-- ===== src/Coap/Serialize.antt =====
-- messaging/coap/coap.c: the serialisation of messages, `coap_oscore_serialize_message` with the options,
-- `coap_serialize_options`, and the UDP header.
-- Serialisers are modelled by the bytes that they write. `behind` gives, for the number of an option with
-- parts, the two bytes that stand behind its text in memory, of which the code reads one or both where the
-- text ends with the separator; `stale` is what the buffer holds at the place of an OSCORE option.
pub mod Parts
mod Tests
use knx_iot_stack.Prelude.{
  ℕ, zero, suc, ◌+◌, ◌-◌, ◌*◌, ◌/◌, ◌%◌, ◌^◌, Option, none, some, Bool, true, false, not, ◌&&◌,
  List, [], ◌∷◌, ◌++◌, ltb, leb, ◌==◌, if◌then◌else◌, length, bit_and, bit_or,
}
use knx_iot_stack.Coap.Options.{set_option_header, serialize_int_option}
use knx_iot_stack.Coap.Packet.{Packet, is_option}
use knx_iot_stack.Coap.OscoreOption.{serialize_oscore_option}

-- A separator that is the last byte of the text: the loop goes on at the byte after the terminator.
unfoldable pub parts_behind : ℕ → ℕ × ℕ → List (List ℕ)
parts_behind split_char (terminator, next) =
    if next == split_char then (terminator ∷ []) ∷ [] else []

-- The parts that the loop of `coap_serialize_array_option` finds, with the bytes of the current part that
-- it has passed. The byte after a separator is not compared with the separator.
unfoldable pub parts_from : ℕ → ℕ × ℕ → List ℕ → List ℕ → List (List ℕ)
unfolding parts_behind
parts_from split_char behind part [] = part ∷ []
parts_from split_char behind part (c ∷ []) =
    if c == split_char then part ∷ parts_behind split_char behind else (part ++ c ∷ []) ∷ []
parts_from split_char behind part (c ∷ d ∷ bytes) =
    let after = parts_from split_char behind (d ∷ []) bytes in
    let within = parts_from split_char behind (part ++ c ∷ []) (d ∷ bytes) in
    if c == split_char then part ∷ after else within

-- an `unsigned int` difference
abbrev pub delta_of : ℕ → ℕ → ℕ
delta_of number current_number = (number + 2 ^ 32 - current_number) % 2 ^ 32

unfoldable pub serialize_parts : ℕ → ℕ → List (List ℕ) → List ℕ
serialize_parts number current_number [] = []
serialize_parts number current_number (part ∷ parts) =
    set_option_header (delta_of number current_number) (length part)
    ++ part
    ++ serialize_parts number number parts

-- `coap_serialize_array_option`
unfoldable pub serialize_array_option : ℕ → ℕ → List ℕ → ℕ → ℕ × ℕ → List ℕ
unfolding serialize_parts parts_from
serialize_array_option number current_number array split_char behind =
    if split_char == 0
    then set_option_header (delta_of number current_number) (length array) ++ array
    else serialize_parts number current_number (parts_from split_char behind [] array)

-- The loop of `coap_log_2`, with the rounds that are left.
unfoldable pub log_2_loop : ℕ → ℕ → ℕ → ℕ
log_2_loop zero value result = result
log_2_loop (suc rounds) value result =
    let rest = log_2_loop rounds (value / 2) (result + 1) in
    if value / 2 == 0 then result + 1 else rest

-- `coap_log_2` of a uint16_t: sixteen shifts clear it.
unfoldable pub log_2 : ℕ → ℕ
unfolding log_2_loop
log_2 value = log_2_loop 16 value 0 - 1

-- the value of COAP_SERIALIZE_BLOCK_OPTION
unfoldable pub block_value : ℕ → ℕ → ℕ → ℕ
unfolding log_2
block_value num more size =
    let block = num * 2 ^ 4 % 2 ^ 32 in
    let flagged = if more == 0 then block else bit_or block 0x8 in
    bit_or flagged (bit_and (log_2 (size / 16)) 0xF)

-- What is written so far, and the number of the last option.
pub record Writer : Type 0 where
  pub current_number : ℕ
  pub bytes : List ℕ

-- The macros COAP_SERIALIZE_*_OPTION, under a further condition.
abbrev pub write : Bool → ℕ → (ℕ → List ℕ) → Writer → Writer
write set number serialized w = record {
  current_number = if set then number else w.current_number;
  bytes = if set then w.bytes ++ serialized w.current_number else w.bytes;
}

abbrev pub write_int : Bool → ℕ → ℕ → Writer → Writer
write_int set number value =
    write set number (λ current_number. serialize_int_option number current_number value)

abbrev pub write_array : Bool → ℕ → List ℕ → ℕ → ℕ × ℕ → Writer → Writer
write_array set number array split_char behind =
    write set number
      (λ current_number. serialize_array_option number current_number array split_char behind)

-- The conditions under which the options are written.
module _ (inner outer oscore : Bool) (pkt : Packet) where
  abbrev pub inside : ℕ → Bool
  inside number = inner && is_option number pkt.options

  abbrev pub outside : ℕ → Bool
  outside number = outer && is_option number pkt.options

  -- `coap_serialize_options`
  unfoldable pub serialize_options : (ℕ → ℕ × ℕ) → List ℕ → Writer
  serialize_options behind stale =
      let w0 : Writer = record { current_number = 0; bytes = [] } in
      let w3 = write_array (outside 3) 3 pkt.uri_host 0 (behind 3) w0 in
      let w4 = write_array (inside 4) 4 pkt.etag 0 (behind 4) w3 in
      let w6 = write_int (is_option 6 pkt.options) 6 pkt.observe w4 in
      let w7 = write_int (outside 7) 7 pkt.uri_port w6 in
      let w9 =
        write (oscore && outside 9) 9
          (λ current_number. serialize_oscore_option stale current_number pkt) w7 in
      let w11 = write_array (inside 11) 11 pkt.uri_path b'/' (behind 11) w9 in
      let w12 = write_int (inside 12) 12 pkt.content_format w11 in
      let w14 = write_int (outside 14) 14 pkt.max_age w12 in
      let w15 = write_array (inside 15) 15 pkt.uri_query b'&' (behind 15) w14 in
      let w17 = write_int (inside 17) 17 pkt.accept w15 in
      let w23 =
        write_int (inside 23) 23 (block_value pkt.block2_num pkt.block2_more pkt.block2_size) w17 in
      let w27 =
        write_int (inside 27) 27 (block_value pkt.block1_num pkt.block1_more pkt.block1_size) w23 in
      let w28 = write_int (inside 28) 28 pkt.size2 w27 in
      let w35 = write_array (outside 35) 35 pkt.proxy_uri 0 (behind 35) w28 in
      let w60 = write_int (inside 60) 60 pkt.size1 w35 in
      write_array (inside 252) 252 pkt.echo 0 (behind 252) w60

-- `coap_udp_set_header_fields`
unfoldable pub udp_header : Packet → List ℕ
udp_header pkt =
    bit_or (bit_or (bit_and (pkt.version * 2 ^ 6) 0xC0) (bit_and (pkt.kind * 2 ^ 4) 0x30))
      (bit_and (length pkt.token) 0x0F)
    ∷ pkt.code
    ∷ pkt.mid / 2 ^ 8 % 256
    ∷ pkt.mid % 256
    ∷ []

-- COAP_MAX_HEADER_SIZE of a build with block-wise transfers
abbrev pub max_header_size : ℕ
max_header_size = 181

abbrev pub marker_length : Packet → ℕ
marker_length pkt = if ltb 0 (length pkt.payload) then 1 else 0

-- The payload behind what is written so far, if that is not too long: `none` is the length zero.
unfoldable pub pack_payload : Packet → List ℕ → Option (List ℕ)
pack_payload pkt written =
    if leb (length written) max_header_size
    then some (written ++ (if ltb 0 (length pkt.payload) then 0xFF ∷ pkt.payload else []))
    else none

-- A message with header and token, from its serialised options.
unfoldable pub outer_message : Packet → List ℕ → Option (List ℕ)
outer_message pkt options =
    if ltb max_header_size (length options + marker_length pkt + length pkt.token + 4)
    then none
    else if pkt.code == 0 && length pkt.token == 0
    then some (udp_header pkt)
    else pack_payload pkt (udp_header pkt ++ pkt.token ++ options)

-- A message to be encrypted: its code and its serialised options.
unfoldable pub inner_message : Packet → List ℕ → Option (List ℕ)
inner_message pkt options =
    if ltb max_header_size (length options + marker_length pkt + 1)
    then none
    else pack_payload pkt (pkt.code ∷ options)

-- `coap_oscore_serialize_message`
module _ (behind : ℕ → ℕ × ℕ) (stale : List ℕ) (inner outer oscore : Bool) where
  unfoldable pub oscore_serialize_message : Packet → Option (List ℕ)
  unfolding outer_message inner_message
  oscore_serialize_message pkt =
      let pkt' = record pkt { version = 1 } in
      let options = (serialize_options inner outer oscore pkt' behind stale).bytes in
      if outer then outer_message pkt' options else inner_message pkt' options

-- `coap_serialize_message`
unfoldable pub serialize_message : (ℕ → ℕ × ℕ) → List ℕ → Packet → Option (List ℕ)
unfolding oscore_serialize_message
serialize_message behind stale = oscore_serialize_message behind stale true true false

···

▸ **WHAT THE TASK ASKS**: From the data above, gather every line that includes the word "Packet".

▸ **RESULT OF THIS TASK**:
use knx_iot_stack.Coap.Packet.{Packet, is_option}
module _ (inner outer oscore : Bool) (pkt : Packet) where
unfoldable pub udp_header : Packet → List ℕ
abbrev pub marker_length : Packet → ℕ
unfoldable pub pack_payload : Packet → List ℕ → Option (List ℕ)
unfoldable pub outer_message : Packet → List ℕ → Option (List ℕ)
unfoldable pub inner_message : Packet → List ℕ → Option (List ℕ)
  unfoldable pub oscore_serialize_message : Packet → Option (List ℕ)
unfoldable pub serialize_message : (ℕ → ℕ × ℕ) → List ℕ → Packet → Option (List ℕ)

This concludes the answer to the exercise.